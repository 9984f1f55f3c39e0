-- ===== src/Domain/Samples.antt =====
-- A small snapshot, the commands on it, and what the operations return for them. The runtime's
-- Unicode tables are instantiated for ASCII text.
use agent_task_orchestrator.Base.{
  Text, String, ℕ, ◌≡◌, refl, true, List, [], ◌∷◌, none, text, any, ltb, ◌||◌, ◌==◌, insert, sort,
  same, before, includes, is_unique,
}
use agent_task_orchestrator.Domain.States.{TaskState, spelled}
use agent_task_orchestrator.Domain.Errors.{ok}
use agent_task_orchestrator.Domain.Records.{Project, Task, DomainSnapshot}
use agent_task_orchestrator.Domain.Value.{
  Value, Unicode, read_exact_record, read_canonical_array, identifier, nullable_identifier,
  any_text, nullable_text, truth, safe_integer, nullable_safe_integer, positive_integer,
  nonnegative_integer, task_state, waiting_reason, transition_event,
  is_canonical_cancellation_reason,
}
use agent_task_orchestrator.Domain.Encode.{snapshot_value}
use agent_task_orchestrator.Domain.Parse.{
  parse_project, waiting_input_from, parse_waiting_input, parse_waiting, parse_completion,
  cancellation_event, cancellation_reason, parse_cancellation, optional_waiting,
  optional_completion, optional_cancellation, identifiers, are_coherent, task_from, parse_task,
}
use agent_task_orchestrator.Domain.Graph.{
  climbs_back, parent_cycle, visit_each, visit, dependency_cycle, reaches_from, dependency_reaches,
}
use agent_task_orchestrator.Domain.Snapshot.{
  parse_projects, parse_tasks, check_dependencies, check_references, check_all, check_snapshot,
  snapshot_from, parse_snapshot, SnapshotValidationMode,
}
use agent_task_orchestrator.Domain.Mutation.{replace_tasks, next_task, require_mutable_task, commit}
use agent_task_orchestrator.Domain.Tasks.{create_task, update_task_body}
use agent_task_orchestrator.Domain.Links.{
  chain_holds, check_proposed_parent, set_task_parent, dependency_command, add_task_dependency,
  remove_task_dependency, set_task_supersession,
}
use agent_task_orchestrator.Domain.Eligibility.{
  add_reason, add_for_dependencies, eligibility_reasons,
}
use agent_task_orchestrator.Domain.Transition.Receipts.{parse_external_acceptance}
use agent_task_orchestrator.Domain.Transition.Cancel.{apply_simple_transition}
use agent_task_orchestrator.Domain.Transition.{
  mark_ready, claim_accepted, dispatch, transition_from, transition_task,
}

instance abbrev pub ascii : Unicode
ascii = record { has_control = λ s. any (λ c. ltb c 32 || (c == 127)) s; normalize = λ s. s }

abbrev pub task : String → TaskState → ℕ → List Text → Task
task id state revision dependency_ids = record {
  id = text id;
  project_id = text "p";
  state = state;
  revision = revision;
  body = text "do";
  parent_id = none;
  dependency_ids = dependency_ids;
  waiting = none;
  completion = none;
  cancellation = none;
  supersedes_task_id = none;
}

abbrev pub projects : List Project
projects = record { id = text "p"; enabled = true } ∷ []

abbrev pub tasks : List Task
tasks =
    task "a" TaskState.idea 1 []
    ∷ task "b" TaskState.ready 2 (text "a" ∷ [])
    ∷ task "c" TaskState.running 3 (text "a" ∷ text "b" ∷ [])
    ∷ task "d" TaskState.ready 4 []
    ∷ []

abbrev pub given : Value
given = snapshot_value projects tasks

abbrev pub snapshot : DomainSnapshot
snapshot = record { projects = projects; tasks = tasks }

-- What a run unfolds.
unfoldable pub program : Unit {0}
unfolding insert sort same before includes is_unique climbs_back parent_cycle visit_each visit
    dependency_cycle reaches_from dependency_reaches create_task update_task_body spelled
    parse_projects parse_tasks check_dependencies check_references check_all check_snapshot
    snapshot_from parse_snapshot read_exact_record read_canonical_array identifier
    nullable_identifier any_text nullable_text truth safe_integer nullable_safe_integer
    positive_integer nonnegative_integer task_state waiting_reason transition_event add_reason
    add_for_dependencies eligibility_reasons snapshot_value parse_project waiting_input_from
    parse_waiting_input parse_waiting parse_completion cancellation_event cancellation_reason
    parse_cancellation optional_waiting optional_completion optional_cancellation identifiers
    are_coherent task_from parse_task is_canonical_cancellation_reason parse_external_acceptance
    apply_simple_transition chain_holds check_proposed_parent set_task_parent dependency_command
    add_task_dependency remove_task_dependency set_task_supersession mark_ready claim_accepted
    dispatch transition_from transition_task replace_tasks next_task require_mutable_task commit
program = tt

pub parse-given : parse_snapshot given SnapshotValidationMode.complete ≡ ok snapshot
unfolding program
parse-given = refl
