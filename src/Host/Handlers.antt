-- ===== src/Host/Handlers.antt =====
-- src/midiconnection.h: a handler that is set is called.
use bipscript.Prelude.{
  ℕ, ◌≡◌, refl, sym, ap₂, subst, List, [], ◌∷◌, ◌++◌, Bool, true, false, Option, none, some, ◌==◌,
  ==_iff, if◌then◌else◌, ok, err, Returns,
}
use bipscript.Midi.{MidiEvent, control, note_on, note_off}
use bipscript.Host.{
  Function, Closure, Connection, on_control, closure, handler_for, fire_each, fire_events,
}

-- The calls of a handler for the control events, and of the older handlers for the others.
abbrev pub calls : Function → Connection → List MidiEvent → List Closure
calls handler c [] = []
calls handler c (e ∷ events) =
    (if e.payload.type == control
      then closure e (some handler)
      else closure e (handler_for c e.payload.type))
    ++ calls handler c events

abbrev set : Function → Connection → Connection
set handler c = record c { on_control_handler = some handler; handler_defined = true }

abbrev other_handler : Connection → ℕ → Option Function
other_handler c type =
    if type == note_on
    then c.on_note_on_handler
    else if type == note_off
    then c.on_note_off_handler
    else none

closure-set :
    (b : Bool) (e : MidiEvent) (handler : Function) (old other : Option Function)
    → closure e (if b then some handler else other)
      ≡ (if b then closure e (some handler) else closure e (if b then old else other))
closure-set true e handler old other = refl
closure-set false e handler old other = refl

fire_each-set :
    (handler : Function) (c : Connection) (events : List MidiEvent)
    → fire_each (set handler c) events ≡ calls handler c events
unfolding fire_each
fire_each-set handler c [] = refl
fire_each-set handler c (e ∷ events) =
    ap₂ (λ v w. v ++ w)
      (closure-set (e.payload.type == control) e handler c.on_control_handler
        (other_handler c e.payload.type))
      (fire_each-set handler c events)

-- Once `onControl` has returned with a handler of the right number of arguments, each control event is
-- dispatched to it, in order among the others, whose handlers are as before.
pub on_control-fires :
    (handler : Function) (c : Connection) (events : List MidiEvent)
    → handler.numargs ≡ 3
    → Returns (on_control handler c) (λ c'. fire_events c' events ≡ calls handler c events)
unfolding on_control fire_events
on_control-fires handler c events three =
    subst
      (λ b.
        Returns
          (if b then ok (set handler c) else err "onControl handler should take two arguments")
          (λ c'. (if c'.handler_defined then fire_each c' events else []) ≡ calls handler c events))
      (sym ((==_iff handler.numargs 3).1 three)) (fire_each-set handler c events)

################

** EXERCISE DIRECTIONS **
Emit only the final stretch of the records: the line containing "(λ c'. (if c'.handler_defined" through the end, each line exactly as it stands.

** RESPONSE TO THIS EXERCISE **
          (λ c'. (if c'.handler_defined then fire_each c' events else []) ≡ calls handler c events))
      (sym ((==_iff handler.numargs 3).1 three)) (fire_each-set handler c events)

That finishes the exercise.